Students will be able to show their knowledge of the numbers 0 to 5.

After completing a unit on numbers 0 to 5, a summative assessment is given to gain information about what the students have learned! Assessing in small groups helps students focus and do their best on the assessment!

5 minutes

I start the lesson with a problem of the day to help students review skills and concepts from prior lessons and develop their ability to problem solve. I call the students up to the carpet. The students find their spots while saying this chant with me.

*Criss cross, applesauce, hands in your lap, eyes on the teacher, you've got to show me that.*

I project the Problem of the Day on the SMART Board and say to students, *"This is our Problem of the Day for today. This says 'Order these numerals.' We need to put the numerals on the number line in order just like we did yesterday. Look carefully at this number line. What number needs to come first?"* I have students come up and drag the numerals into the correct place on the number line. We then count to make sure that the numbers are in the correct order.

If you don't have a SMARTBoard, you can use the pdf copy of the slides in a variety of ways to reproduce this activity.

I tell students, *"Today you will be showing me what you have learned about the numbers 0 to 5."*

10 minutes

After the Problem of the Day, I prepare the students for assessment. I say, *"Today we are going to do some work on the numbers we've been learning about. I need you to do your very best work to show me how much you know!"*

I do the repeat the explanation that I did before our first assessment. I have the students turn and face the back of the room, towards the small group table. I hold up the dividers that I will be using to separate the students as I assess them. I say, "I will be calling a few of you up at a time to find out what you've learned. You will come sit at my table just like you do during small group time, but these dividers will be between you and your friends. You need to keep your eyes on your own paper. That way I will see what you know on your paper and what your friends know on their papers."

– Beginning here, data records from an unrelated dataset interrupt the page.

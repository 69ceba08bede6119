-- ===== src/Types/Url.antt =====
-- server/quazal/src/rmc/types.rs: `StationURL`. A `HashMap` with text keys is an association list; its
-- order is that in which it is iterated.
use scbl.Prelude.{
  ℕ, ◌^◌, ◌==◌, Bool, true, false, ◌&&◌, List, [], ◌∷◌, ◌++◌, map, Option, none, some, Outcome, ok,
  err, ok_or, ◌>>=◌, if◌then◌else◌,
}
use scbl.Text.{to_decimal, parse_unsigned, split_once, split, join}

abbrev pub Params : Type 0
Params = List (List ℕ × List ℕ)

pub record StationUrl : Type 0 where
  pub scheme : List ℕ
  pub address : List ℕ
  pub port : ℕ
  pub params : Params

pub data StationUrlParseError : Type 0 where
  missing_scheme missing_address missing_port : StationUrlParseError
  invalid_parameters invalid_port : StationUrlParseError

unfoldable pub text_eq : List ℕ → List ℕ → Bool
text_eq [] [] = true
text_eq [] (d ∷ t) = false
text_eq (c ∷ s) [] = false
text_eq (c ∷ s) (d ∷ t) = (c == d) && text_eq s t

unfoldable pub param : List ℕ → Params → Option (List ℕ)
unfolding text_eq
param key [] = none
param key ((k, v) ∷ m) = if text_eq k key then some v else param key m

unfoldable pub set_param : List ℕ → List ℕ → Params → Params
set_param key value [] = (key, value) ∷ []
set_param key value ((k, v) ∷ m) =
    if text_eq k key then (key, value) ∷ m else (k, v) ∷ set_param key value m

-- `HashMap::remove`: the map that is left.
unfoldable pub without : List ℕ → Params → Params
without key [] = []
without key ((k, v) ∷ m) = if text_eq k key then m else (k, v) ∷ without key m

unfoldable pub add_entry : Option (List ℕ × List ℕ) → Option Params → Option Params
add_entry none rest = none
add_entry (some e) none = none
add_entry (some e) (some es) = some (e ∷ es)

-- Every parameter split at its first equals sign, 61.
unfoldable pub entries_of : List (List ℕ) → Option Params
unfolding add_entry
entries_of [] = some []
entries_of (s ∷ parts) = add_entry (split_once (61 ∷ []) s) (entries_of parts)

-- `collect` into the map.
unfoldable pub collect : Params → Params → Params
unfolding set_param
collect m [] = m
collect m ((k, v) ∷ es) = collect (set_param k v m) es

-- "address" and "port".
abbrev pub address_key : List ℕ
address_key = 97 ∷ 100 ∷ 100 ∷ 114 ∷ 101 ∷ 115 ∷ 115 ∷ []

abbrev pub port_key : List ℕ
port_key = 112 ∷ 111 ∷ 114 ∷ 116 ∷ []

-- `from_str` behind the scheme.
unfoldable pub url_of_params : List ℕ → Option Params → Outcome StationUrlParseError StationUrl
unfolding param without collect
url_of_params scheme none = err invalid_parameters
url_of_params scheme (some es) =
    let params = collect [] es in
    ok_or (param address_key params) missing_address >>= λ address.
    let params' = without address_key params in
    ok_or (param port_key params') missing_port >>= λ port.
    ok_or (parse_unsigned (2 ^ 16) port) invalid_port >>= λ number. ok (record {
      scheme = scheme;
      address = address;
      port = number;
      params = without port_key params';
    })

unfoldable pub url_of : Option (List ℕ × List ℕ) → Outcome StationUrlParseError StationUrl
unfolding url_of_params entries_of
url_of none = err missing_scheme
url_of (some (scheme, rest)) = url_of_params scheme (entries_of (split 59 rest))

-- `FromStr`; the scheme ends at the first ":/".
unfoldable pub url_from_str : List ℕ → Outcome StationUrlParseError StationUrl
unfolding url_of
url_from_str value = url_of (split_once (58 ∷ 47 ∷ []) value)

abbrev pub entry_to_string : List ℕ × List ℕ → List ℕ
entry_to_string (k, v) = k ++ ((61 ∷ []) ++ v)

abbrev pub all_params : StationUrl → Params
all_params url = (address_key, url.address) ∷ (port_key, to_decimal url.port) ∷ url.params

-- `Display`.
unfoldable pub url_to_string : StationUrl → List ℕ
url_to_string url = url.scheme ++ ((58 ∷ 47 ∷ []) ++ join 59 (map entry_to_string (all_params url)))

I set up the dividers so the students can see how the table is going to look. I then walk back to the front of the room by the students to tell them what they will be doing. *"While I am calling people back, you will be working on your center activity. This will be almost like a regular day of centers, but we need to remember to be extra quiet so that our friends can pay attention and do their very best!"*

40 minutes

I call one student up to get the center for the table. This week's centers are:

Play Dough Numbers (K-5mathteachingresources.com)

Pattern Block, Lego, Counting Bears Count (K-5mathteachingresources.com)

Roll and Count (Makinglearningfun.com)

Number Tracing (I purchased mine, free ones are also available from WorkSheetFun)

SMART Board- Online Game Scrambled Egg City (Macmillan/McGraw-Hill)

I quickly circulate to make sure students are engaged and do not have any questions about how to complete the centers. I call several students back at a time. Between groups, I check in with the students doing centers and remind them to stay quiet while they work. After about 20 minutes, I count down from 5 and have the students freeze. I have them put their materials back in the center tray, but keep it on their table. I switch the centers so that each table gets a new center to complete. I quickly circulate again to make sure that students do not have any questions about their new center. I then continue with the assessments. Prior to clean up, I check in with each table to see how the centers are going. I turn on Tidy Up by Dr. Jean. There are many wonderful transition songs to be found, for free, online if you'd like to use music for transitions too.

Students clean up and return to their seats. I continue centers and assessing until the very end of our math time to get in as many as possible.

To take the Numbers 0 to 5 assessment, I have the students come back to my small group table where I have partitions already in place. I call students back in groups of between 2 and 5 students. I choose how many students to bring back based on their ability level and how distracted they get. I try to pull groups that are at similar abilities levels and work at about the same pace. This makes it easier as I read the directions and move through the assessment.